Last week we discussed the requirements for retention and destruction of credit information once the Privacy Act amendments commence on 12 March 2014.
Please note that there are different requirements for credit providers (CPs) and credit reporting bodies(CRBs): sections 20J and 21S apply to CPs. Sections 20D, 20V, 20W, 20X and 20Y apply to CRBs.
New section 21S is the provision relevant to credit reports that have been obtained by a CP from a CRB.
Currently credit providers usually mark a used credit report “no longer current” or “not to be used for future assessment”.
The new obligation under section 21S(2) is to “to destroy the information or to ensure that the information is de-identified” if “…the provider no longer needs the information for any purpose for which the information may be used … and … the provider is not required by or under an Australian law, or a court/tribunal order, to retain the information”.

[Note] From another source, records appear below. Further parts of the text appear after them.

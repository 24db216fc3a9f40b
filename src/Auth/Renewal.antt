-- ===== src/Auth/Renewal.antt =====
-- A session lasts as long as it is refreshed in time.
use trading_backend.Base.{
  ◌==◌, ==_self, Bool-cases, Option-cases, or_default, All, find_first, update_where,
  All-find_first, ℕ, ◌+◌, ◌≤◌, ◌<◌, String, ◌≡◌, refl, sym, ap, subst, ◌∙◌, inl, inr, Bool, true,
  false, none, some, List, [], ◌∷◌, arith, str_eq,
}
use trading_backend.Auth.{
  replace_token, active_user, live_token, sign_tokens, refresh_max_age, token_row,
  create_refresh_session, open_session, login, refresh, renew,
}
use trading_backend.Auth.Schema.{
  AuthUser, RefreshToken, AuthStore, Claims, Crypto, IsFaithful, AuthConfig, Instant, Session,
  jwt_user, refresh_claims, unrevoked_token, revoked_row,
}
use trading_backend.Auth.Sessions.{IsGood, refresh-IsGood}
use trading_backend.Store.Actions.{>>=_eq}
use trading_backend.Store.World.{Result, ok}

module _ {S : Type 0} where
  -- the primary key
  abbrev pub HasUniqueIds : List (AuthUser S) → Type 0
  HasUniqueIds [] = Unit
  HasUniqueIds (u ∷ us) = All (λ v. (u.id == v.id) ≡ false) us × HasUniqueIds us

  find_first-id :
      (p : AuthUser S → Bool) (us : List (AuthUser S)) (u : AuthUser S)
      → HasUniqueIds us
      → find_first p us ≡ some u
      → find_first (λ v. v.id == u.id) us ≡ some u
  unfolding find_first
  find_first-id p [] u h e = absurd (cc)
  find_first-id p (v ∷ us) u (h, k) e = elim (Bool-cases (p v)) [
    | inl q ↦ let s = ==_self v.id in ground arith
    | inr q ↦
        let rest : find_first p us ≡ some u = ground arith in
        let n = All-find_first (λ x. (v.id == x.id) ≡ false) p us u h rest in
        let r = find_first-id p us u k rest in ground arith
  ]

module _ {S : Type 0} (crypto : Crypto S) (config : AuthConfig S) where
  open crypto use {lifetime}

  abbrev pub refresh_lifetime : ℕ
  refresh_lifetime = lifetime (or_default config.refresh_expires_in "7d")

  -- each refresh comes while the token and its row are valid
  abbrev pub IsTimely : Instant → List Instant → Type 0
  IsTimely at [] = Unit
  IsTimely at (next ∷ ats) =
      (at.now ≤ next.now)
      × (next.now + 1000 ≤ at.now + refresh_lifetime)
      × (next.now < at.now + refresh_max_age crypto config)
      × IsTimely next ats

  -- The newest token is the user's, signed at that time, and the user is still active.
  abbrev pub IsLast : Instant → AuthUser S → S → AuthStore S → Type 0
  IsLast at u token s =
      (id : ℕ) × (ts : List (RefreshToken S)) × (s.tokens
        ≡ token_row crypto config at (jwt_user u) id ∷ ts)
      × (id < s.next_id)
      × (token ≡ (sign_tokens crypto config at (jwt_user u) id).1)
      × (active_user (λ v. v.id == u.id) s ≡ some u)

  IsLast-IsGood :
      (f : IsFaithful crypto) (at next : Instant) (u : AuthUser S) (token : S) (s : AuthStore S)
      → IsLast at u token s
      → IsTimely at (next ∷ [])
      → (c : Claims) × (t : RefreshToken S) × IsGood crypto config next token s c t u
        × (t.id < s.next_id)
  unfolding sign_tokens find_first
  IsLast-IsGood f at next u token s (id, ts, e, b, q, a) (h, h1, h2, _) =
      let row = token_row crypto config at (jwt_user u) id in
      let c = refresh_claims (jwt_user u) id in
      let self = ==_self id in
      let live : live_token next id s ≡ some row = rw (live_token, e, self) (ground arith) in
      (
        c,
        row,
        (
          subst (λ k. crypto.verify config.refresh_secret false next.now k ≡ some c) (sym q)
              (f.verifies config.refresh_secret (or_default config.refresh_expires_in "7d") at.now
                next.now c h h1),
          id,
          refl,
          live,
          subst (λ k. crypto.compare k row.token_hash ≡ true) (sym q) (f.matches at.salt _),
          a,
        ),
        b,
      )

  IsLast-open :
      (at : Instant) (u : AuthUser S) (id : ℕ) (s : AuthStore S)
      → id < s.next_id
      → active_user (λ v. v.id == u.id) s ≡ some u
      → IsLast at u
          (sign_tokens crypto config at (jwt_user u) s.next_id).1
          (open_session crypto config at (jwt_user u) (some id) s).1
  unfolding create_refresh_session replace_token update_where
  IsLast-open at u id s h a =
      let other : (s.next_id == id) ≡ false = ground arith in
      (
        s.next_id,
        update_where (unrevoked_token id) (revoked_row at.now (some s.next_id)) s.tokens,
        rw other refl,
        omega arith,
        refl,
        a,
      )

  renew-ok :
      (f : IsFaithful crypto) (at : Instant) (ats : List Instant) (u : AuthUser S) (token : S)
      (s : AuthStore S)
      → IsLast at u token s
      → IsTimely at ats
      → (last : S) × ((renew crypto config ats token s).0 ≡ ok last)
  unfolding renew create_refresh_session
  renew-ok f at [] u token s l h = (token, refl)
  renew-ok f at (next ∷ ats) u token s l (h, h1, h2, h3) =
      let (c, t, g, b) = IsLast-IsGood f at next u token s l (h, h1, h2, tt) in
      let (id, ts, e, b1, q, a) = l in
      let opened = open_session crypto config next (jwt_user u) (some t.id) s in
      let (last, k) =
        renew-ok f next ats u (sign_tokens crypto config next (jwt_user u) s.next_id).1 opened.1
          (IsLast-open next u t.id s b a) h3 in
      (
        last,
        ap (λ (out : Result (Unit {0}) S × AuthStore S). out.0)
              (>>=_eq (refresh crypto config next token)
                (λ x. renew crypto config ats x.refresh_token)
                (refresh-IsGood crypto config next token s c t u g))
            ∙ k,
      )

  login-found :
      (at : Instant) (email : String) (password : S) (s : AuthStore S) {x : Session S}
      → (login crypto config at email password s).0 ≡ ok x
      → (u : AuthUser S) × (active_user (λ v. str_eq v.email email) s ≡ some u)
        × (login crypto config at email password s
            ≡ open_session crypto config at (jwt_user u) none s)
  unfolding login
  login-found at email password s h =
      elim (Option-cases (active_user (λ u. str_eq u.email email) s)) [
        | inl e ↦ absurd (ground arith)
        | inr (u, e) ↦ elim (Bool-cases (crypto.compare password u.password_hash)) [
          | inl q ↦ (u, e, rw (login, e, q) refl)
          | inr q ↦ absurd (ground arith)
        ]
      ]

  active_user-id :
      (p : AuthUser S → Bool) (s : AuthStore S) (u : AuthUser S)
      → HasUniqueIds s.users
      → active_user p s ≡ some u
      → active_user (λ v. v.id == u.id) s ≡ some u
  active_user-id p s u h e = elim (Option-cases (find_first p s.users)) [
    | inl q ↦ absurd (ground arith)
    | inr (v, q) ↦ elim (Bool-cases v.is_active) [
      | inr z ↦ absurd (ground arith)
      | inl z ↦
          let same : v ≡ u = ground arith in
          let found = subst (λ w. find_first p s.users ≡ some w) same q in
          let k = find_first-id p s.users u h found in rw (active_user, k) (ground arith)
    ]
  ]

  -- A session lasts as long as it is refreshed in time: after a login, every refresh of a series
  -- succeeds in which each uses the token that the one before has given, and comes no earlier than it,
  -- a second before its token expires and before its row does. User ids are unique, and @nestjs/jwt
  -- and bcryptjs are faithful.
  pub login_renews :
      (f : IsFaithful crypto) (at : Instant) (ats : List Instant) (email : String) (password : S)
      (s : AuthStore S) {x : Session S}
      → HasUniqueIds s.users
      → (login crypto config at email password s).0 ≡ ok x
      → IsTimely at ats
      → (last : S) × ((renew crypto config ats x.refresh_token
            (login crypto config at email password s).1).0
          ≡ ok last)
  unfolding create_refresh_session replace_token
  login_renews f at ats email password s {x} n h k =
      let (u, a, e) = login-found at email password s h in
      let a1 = active_user-id (λ v. str_eq v.email email) s u n a in
      let opened = open_session crypto config at (jwt_user u) none s in
      let first = (sign_tokens crypto config at (jwt_user u) s.next_id).1 in
      let l : IsLast at u first opened.1 = (s.next_id, s.tokens, refl, omega arith, refl, a1) in
      let z : opened.0 ≡ ok x =
        ap (λ (out : Result (Unit {0}) (Session S) × AuthStore S). out.0) (sym e) ∙ h in
      let same : first ≡ x.refresh_token = ground arith in
      let (last, r) = renew-ok f at ats u first opened.1 l k in
      (
        last,
        subst (λ out. (renew crypto config ats x.refresh_token out.1).0 ≡ ok last) (sym e)
            (subst (λ t. (renew crypto config ats t opened.1).0 ≡ ok last) same r),
      )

Subsection 6(1) defines “de-identified” as “personal information is de-identified if the information is no longer about an identifiable individual or an
individual who is reasonably identifiable.”
Paragraph 1.2(g) of the CR Code explains that the obligation to destroy includes an obligation to put the information “beyond use” if it is electronic form.
CPs need to review their procedures for holding credit reports once they have been used for the relevant credit application.
How long they can be retained for depends on the purpose for which they were obtained.
Whether the reports are destroyed or de-identified will depend on whether they are in paper or electronic form.
Failure to comply with section 21S(2) is punishable by a civil penalty of up to 1,000 penalty units ($170,000).